On the power supply side of the board three of the eight voltage regulators are visually destroyed. The long metal ground(?) bar is also detached at one end. I can't see what it was electrically attached to, so I may need to figure out how to safely remove the board from the case to repair it.

My goal is return it to normal operation.

Three and a half questions:
1. What does the ground bar physically connect to and do I need to remove the board from the case to repair it? How can I safely remove the board from the case?
2. Can anyone suggest a reliable place to purchase 8 quality pieces of RFP25NO5 (mosfets)? Answer: recommendations for these were found on a thread at Steve Meads.
3. What needs to be tested and possibly replaced in conjunction with the MOSFETs? Nothing else is visibly damaged. Answer: electrolytic caps and nearby resistors and diodes. Also learn how to test the two rectifiers/volt regulators.

Thanks. I'm going to research other threads of course, but this is where I am now.


----------



## vwdave (Jun 12, 2013)

So the board DOES need to come off for the repairs. I can't see what you are pointing at in regards to the ground. As for the FETs, when you replace them Id replace their respective resistor plus check all of the other resistors. 

While you are at it Id suggest replacing the PWM chip and putting in a socket as well so that it will be easy to change in future of it should event need to changed.


----------



## 1styearsi (Aug 13, 2012)

just saying when PPI called that art series they must have meant the board.
BEHOLD...THATS MADE IN THE USA IN ALL IT'S GLORY!!!!!


----------



## Snajo (Dec 22, 2013)

vwdave said:


> So the board DOES need to come off for the repairs. I can't see what you are pointing at in regards to the ground. As for the FETs, when you replace them Id replace their respective resistor plus check all of the other resistors.
> 
> While you are at it Id suggest replacing the PWM chip and putting in a socket as well so that it will be easy to change in future of it should event need to changed.

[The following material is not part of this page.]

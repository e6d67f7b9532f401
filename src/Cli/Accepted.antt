-- ===== src/Cli/Accepted.antt =====
-- A configuration that loads passes the constructors of the parts that it configures.
use employee_tracker.Transport.{Transport}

I wouldn't say the board has to come out. If I were only replacing a component or two, I'd probably leave it in. I expect its going to be more than that and with it out I'll be able to push the leads through the board and cut them after the components are soldered down. Easier to heat the leads up from the back... less stuff in the way.

Speaking of removing the board, it would've been a lot easier if someone hadn't glued the board to the case. I owe a photo of it later.


----------



## 1styearsi (Aug 13, 2012)

yes it does,to properly repair that you do need to remove the board,cleanup that 20+ year old heat sink compound and replace it that stuff is cheap.
taking the board out is not a big deal.
yo i don't mean to sound like a dick but if you are asking that question should not attempting the repair yourself.do yourself a favor and have it done by a pro....or not....


----------



## vwdave (Jun 12, 2013)

Yes I agree...nothin against you or anything but I hate buying amps from people that repaired them themselves by not removing the board. The bottom side is the solder side, so to properly remove the bad components you need to get to the back side, and of course put the legs through the holes and solder it up from the proper side. If you let the legs all he way through then you'll probably short it out on the heatsink.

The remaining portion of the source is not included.